◆ WHAT IS EXPECTED
Among the records that follow, set down only the lines from the one containing "interval_least : (x" to the one containing "-- For a limit", both included, exactly.

Dataset entries:
-- ===== src/Limiter/Limit/Emission.antt =====
-- The emission interval of a limit: what it is, and that it is never faster than the limit says.
use distributed_rate_limiter.Prelude.{
  ℕ, ◌+◌, ◌-◌, ◌*◌, ◌/◌, ◌%◌, ◌≤◌, ◌<◌, ◌≡◌, refl, ◌⊎◌, none, some, arith, if◌then◌else◌, ◌==◌, ltb,
}
use distributed_rate_limiter.Prelude.Int.{
  pos, add64-pos, sub64-pos, mul64-pos, div64-pos, rem64-pos,
}
use native.Mathlib.Nat.{div-le_self, div-add-mod, mod-lt, mul-le-mul_left}
use native.Mathlib.Decide.{dec_lt}
use distributed_rate_limiter.Limiter.Limit.{Limit, emission, tolerance, validate, round_up}
use distributed_rate_limiter.Limiter.Limit.Sizes.{
  HasSizes, period_ns, count_of, capacity_of, validate-HasSizes,
}

-- The period over the count, rounded up.
ceiling : ℕ → ℕ → ℕ
ceiling p n = if p % n == 0 then p / n else p / n + 1

-- The least multiple of a microsecond that is not below `x`, and not 0.
whole_quanta : ℕ → ℕ
whole_quanta x =
    let up = if x % 1000 == 0 then x else x + (1000 - x % 1000) in if ltb up 1000 then 1000 else up

unfoldable pub interval : Limit → ℕ
unfolding ceiling whole_quanta
interval l = whole_quanta (ceiling (period_ns l) (count_of l))

round_up-pos :
    (x : ℕ)
    → x ≤ 86400000000001
    → round_up (pos x) (pos (x % 1000)) ≡ pos (if x % 1000 == 0 then x else x + (1000 - x % 1000))
unfolding round_up
round_up-pos x h = ground (
  arith,
  sub64-pos 1000 (x % 1000) (omega arith) (omega arith),
  add64-pos x (1000 - x % 1000) (omega arith),
)

ceiling-le : (p n : ℕ) → ceiling p n ≤ p + 1
unfolding ceiling
ceiling-le p n = ground (arith, div-le_self p n)

ceiling_lem : (p n : ℕ) → ceiling p n ≡ (if p % n == 0 then p / n else p / n + 1)
unfolding ceiling
ceiling_lem p n = refl

emission_steps :
    (l : Limit) (p n : ℕ)
    → l.period ≡ pos p
    → l.count ≡ pos n
    → 0 < n
    → p ≤ 86400000000000
    → emission l ≡ some (pos (whole_quanta (ceiling p n)))
unfolding emission whole_quanta
emission_steps l p n ep en h k = ground (
  arith,
  div64-pos p n h (omega arith),
  rem64-pos p n h,
  ceiling_lem p n,
  div-le_self p n,
  add64-pos (p / n) 1 (omega (arith, div-le_self p n)),
  rem64-pos (ceiling p n) 1000 (omega arith),
  ceiling-le p n,
  sub64-pos 1000 (ceiling p n % 1000) (omega arith) (omega arith),
  add64-pos (ceiling p n) (1000 - ceiling p n % 1000) (omega (arith, ceiling-le p n)),
)

-- It is what the code computes.
pub emission-interval : (l : Limit) → HasSizes l → emission l ≡ some (pos (interval l))
unfolding interval
emission-interval l s =
    emission_steps l (period_ns l) (count_of l) s.period_pos s.count_pos s.count_lower
      s.period_upper

ceiling-mul : (p n : ℕ) → 0 < n → (p ≤ n * ceiling p n) × (n * ceiling p n < p + n)
unfolding ceiling
ceiling-mul p n h = grind (arith, div-add-mod p n, mod-lt p h)

whole_quanta_bounds :
    (x : ℕ)
    → (x ≤ whole_quanta x)
      × (1000 ≤ whole_quanta x)
      × (whole_quanta x % 1000 ≡ 0)
      × (whole_quanta x < x + 1000 ⊎ whole_quanta x ≡ 1000)
unfolding whole_quanta
whole_quanta_bounds x = ground arith

mul_cancel_lt : (n a b : ℕ) → n * a < n * b + n → a ≤ b
mul_cancel_lt n a b h = elim (dec_lt b a) [
  | yes more ↦ absurd (grind (arith, mul-le-mul_left n more))
  | no le ↦ omega arith
]

interval_least : (x k : ℕ) → k % 1000 ≡ 0 → 0 < k → x ≤ k → whole_quanta x ≤ k
unfolding whole_quanta
interval_least x k h pos_k le = ground arith

-- For a limit that `Validate` accepts, the emission interval is a positive whole number of
-- microseconds, `count` units of it take at least the period, so the rate is never above the
-- configured one, and it is the least such interval.
pub emission_least :
    (l : Limit)
    → validate l ≡ none
    → (e : ℕ) × (emission l ≡ some (pos e))
      × (1000 ≤ e)
      × (e % 1000 ≡ 0)
      × (period_ns l ≤ count_of l * e)
      × ((k : ℕ) → k % 1000 ≡ 0 → 0 < k → period_ns l ≤ count_of l * k → e ≤ k)
unfolding interval
emission_least l v = (
  interval l,
  emission-interval l s,
  (whole_quanta_bounds c).1,
  (whole_quanta_bounds c).2,
  grind (arith, (ceiling-mul p n s.count_lower).0, (whole_quanta_bounds c).0, mul-le-mul_left),
  λ k whole some_k enough.
      interval_least c k whole some_k
        (mul_cancel_lt n c k (omega (arith, ceiling-mul p n s.count_lower))),
)
  where
    s : HasSizes l
    s = validate-HasSizes l v

    p : ℕ
    p = period_ns l

    n : ℕ
    n = count_of l

    c : ℕ
    c = ceiling p n

-- The tolerance is the capacity's worth of intervals, where the product fits an int64.
pub tolerance-interval :
    (l : Limit)
    → HasSizes l
    → interval l * capacity_of l < 9223372036854775808
    → tolerance l ≡ some (pos (interval l * capacity_of l))
unfolding tolerance
tolerance-interval l s h =
    rw (emission-interval l s, s.capacity_pos, mul64-pos (interval l) (capacity_of l) h)

interval_upper :
    (l : Limit) → HasSizes l → count_of l * interval l < period_ns l + 1001 * count_of l
unfolding interval
interval_upper l s =
    let c = ceiling (period_ns l) (count_of l) in
    let le : whole_quanta c ≤ c + 1000 = omega (arith, whole_quanta_bounds c) in
    omega
      (arith, mul-le-mul_left (count_of l) le, ceiling-mul (period_ns l) (count_of l) s.count_lower)

-- With a burst no larger than the count it always fits.
pub tolerance_fits :
    (l : Limit)
    → HasSizes l
    → capacity_of l ≤ count_of l
    → interval l * capacity_of l < 9223372036854775808
tolerance_fits l s h = omega (arith, interval_upper l s, mul-le-mul_left (interval l) h)

pub interval_lower : (l : Limit) → 1000 ≤ interval l
unfolding interval
interval_lower l = (whole_quanta_bounds (ceiling (period_ns l) (count_of l))).1

pub interval_small : (l : Limit) → HasSizes l → interval l ≤ 86400000001001
unfolding interval
interval_small l s = omega (
  arith,
  whole_quanta_bounds (ceiling (period_ns l) (count_of l)),
  ceiling-le (period_ns l) (count_of l),
  s.period_upper,
)

-- It is a whole number of microseconds.
pub interval_quantum : (l : Limit) → interval l ≡ 1000 * (interval l / 1000)
unfolding interval
interval_quantum l = omega (arith, whole_quanta_bounds (ceiling (period_ns l) (count_of l)))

◆ RESULT FOR THIS TASK
interval_least : (x k : ℕ) → k % 1000 ≡ 0 → 0 < k → x ≤ k → whole_quanta x ≤ k
unfolding whole_quanta
interval_least x k h pos_k le = ground arith

-- For a limit that `Validate` accepts, the emission interval is a positive whole number of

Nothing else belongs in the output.